RECORD EXCERPTS —
+---+
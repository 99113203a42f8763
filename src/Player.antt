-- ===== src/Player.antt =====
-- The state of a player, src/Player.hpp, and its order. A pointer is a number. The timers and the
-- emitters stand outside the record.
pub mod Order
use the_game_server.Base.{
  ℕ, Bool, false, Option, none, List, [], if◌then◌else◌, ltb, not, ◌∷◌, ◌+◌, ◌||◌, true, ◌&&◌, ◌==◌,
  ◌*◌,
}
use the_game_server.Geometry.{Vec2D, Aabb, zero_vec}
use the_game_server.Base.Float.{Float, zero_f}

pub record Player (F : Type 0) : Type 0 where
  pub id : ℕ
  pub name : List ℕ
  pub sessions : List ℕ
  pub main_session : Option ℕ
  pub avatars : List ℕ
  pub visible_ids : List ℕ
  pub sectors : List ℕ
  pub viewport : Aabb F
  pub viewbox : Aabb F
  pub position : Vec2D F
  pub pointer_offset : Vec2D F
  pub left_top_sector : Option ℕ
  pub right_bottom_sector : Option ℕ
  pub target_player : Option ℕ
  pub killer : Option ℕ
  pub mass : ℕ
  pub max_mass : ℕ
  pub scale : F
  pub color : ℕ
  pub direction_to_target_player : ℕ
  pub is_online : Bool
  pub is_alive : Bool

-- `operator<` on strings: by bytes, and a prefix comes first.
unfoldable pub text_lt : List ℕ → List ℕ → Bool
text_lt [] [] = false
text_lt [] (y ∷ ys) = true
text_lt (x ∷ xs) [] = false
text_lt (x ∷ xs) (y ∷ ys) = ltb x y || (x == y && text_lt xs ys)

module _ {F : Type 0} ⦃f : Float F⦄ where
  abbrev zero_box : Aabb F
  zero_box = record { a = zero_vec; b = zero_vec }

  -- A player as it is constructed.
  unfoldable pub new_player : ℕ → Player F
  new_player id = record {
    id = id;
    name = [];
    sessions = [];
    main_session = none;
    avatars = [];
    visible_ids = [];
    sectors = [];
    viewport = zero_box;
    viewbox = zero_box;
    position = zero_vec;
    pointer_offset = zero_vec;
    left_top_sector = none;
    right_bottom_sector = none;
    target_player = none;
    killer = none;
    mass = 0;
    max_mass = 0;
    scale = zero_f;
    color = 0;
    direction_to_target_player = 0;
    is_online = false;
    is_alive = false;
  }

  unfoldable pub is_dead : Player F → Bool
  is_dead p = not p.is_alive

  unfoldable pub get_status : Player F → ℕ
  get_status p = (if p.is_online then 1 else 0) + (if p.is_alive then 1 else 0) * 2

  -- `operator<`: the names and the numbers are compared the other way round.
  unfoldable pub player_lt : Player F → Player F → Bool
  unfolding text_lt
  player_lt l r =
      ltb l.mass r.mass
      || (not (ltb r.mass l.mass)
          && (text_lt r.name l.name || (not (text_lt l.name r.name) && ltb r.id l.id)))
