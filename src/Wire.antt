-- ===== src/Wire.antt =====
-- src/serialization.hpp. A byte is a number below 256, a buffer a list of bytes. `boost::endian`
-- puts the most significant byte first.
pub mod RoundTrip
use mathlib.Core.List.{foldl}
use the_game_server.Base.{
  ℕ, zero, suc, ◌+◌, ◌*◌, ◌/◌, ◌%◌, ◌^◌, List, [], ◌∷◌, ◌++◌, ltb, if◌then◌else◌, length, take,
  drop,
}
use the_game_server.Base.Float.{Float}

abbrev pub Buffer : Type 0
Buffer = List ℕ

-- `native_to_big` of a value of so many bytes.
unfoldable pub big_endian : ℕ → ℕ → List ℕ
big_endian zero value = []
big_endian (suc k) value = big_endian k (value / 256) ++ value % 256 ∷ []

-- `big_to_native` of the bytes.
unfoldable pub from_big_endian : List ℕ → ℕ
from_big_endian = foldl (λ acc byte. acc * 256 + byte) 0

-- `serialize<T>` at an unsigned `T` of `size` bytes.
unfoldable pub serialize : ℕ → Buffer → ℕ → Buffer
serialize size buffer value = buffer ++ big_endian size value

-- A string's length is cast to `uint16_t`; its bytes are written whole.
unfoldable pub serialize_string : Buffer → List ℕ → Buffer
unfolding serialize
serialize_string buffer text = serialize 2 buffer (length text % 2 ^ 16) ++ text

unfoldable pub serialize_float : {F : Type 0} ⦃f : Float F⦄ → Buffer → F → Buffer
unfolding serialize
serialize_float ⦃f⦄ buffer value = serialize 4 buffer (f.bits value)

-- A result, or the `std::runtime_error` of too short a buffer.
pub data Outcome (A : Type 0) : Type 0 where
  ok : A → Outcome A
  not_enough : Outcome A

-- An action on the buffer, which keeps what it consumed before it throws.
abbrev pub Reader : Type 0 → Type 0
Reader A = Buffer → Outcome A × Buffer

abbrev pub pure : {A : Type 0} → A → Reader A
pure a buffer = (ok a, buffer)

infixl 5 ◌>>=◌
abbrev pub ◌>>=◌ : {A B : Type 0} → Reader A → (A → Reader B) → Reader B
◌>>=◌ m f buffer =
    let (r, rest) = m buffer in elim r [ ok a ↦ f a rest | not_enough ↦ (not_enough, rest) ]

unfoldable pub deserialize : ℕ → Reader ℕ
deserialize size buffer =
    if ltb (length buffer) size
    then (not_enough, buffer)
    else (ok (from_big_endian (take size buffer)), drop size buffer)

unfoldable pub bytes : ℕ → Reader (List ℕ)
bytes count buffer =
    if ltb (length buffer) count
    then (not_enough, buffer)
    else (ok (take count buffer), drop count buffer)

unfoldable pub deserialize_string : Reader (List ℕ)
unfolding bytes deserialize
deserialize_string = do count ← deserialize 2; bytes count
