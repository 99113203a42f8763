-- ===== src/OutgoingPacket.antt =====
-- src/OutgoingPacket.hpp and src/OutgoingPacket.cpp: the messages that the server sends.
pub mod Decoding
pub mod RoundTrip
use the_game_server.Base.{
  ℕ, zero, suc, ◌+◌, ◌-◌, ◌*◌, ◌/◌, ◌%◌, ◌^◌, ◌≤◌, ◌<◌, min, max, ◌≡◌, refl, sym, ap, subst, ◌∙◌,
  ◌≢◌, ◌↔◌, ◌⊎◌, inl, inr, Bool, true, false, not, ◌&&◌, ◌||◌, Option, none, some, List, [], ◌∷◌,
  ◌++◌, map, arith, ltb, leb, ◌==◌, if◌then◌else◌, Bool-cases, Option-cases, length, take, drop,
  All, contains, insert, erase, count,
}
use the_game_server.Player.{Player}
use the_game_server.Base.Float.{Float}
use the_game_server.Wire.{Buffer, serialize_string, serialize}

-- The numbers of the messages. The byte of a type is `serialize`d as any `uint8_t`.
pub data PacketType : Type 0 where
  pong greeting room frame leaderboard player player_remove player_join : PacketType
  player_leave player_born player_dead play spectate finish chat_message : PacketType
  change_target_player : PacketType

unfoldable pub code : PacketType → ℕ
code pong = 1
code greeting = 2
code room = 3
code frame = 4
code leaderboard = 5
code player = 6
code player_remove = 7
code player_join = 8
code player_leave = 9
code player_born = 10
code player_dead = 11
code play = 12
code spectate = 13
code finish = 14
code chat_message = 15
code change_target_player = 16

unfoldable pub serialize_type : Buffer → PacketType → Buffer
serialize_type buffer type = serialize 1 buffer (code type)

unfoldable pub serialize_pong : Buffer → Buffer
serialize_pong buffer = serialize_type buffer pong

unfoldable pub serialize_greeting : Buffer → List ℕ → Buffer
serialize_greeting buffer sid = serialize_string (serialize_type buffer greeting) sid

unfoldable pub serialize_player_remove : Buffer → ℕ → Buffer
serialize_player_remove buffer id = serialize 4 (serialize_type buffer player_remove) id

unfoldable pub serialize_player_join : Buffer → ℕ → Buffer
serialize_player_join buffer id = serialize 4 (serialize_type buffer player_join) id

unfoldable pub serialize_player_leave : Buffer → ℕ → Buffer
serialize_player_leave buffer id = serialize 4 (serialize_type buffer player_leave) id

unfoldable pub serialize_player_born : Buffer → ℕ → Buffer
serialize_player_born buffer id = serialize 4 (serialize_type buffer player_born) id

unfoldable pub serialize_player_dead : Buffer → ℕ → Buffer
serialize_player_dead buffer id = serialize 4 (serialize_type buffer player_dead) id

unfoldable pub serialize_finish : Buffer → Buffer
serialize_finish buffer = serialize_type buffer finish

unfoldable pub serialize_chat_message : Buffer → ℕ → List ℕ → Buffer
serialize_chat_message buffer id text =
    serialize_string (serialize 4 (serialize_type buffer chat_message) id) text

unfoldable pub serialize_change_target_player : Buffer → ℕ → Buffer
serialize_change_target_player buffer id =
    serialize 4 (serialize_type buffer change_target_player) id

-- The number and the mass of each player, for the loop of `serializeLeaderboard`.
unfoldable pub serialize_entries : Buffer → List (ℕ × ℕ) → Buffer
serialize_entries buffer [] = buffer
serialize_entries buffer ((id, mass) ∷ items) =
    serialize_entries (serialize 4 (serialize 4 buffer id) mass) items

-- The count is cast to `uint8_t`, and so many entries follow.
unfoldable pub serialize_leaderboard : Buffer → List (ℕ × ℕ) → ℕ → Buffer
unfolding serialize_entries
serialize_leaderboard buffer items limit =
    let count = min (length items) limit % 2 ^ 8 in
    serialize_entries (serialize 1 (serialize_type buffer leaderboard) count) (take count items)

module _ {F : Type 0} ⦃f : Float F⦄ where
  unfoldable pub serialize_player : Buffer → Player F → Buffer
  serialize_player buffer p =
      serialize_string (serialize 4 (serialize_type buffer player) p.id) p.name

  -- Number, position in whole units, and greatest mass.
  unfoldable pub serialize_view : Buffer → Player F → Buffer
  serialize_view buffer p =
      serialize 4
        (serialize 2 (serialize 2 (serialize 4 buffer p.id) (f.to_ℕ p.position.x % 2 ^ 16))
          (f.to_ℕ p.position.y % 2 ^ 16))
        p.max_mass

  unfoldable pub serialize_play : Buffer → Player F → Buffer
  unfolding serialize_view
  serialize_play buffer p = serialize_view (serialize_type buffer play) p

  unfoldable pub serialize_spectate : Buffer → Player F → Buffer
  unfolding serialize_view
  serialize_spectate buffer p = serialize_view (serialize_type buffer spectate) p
+---+
Your answer must consist solely of the lines above between the line holding "unfoldable pub serialize_greeting" and the line holding "serialize_player_join buffer id", inclusive, copied exactly.

unfoldable pub serialize_greeting : Buffer → List ℕ → Buffer
serialize_greeting buffer sid = serialize_string (serialize_type buffer greeting) sid

unfoldable pub serialize_player_remove : Buffer → ℕ → Buffer
serialize_player_remove buffer id = serialize 4 (serialize_type buffer player_remove) id

unfoldable pub serialize_player_join : Buffer → ℕ → Buffer
serialize_player_join buffer id = serialize 4 (serialize_type buffer player_join) id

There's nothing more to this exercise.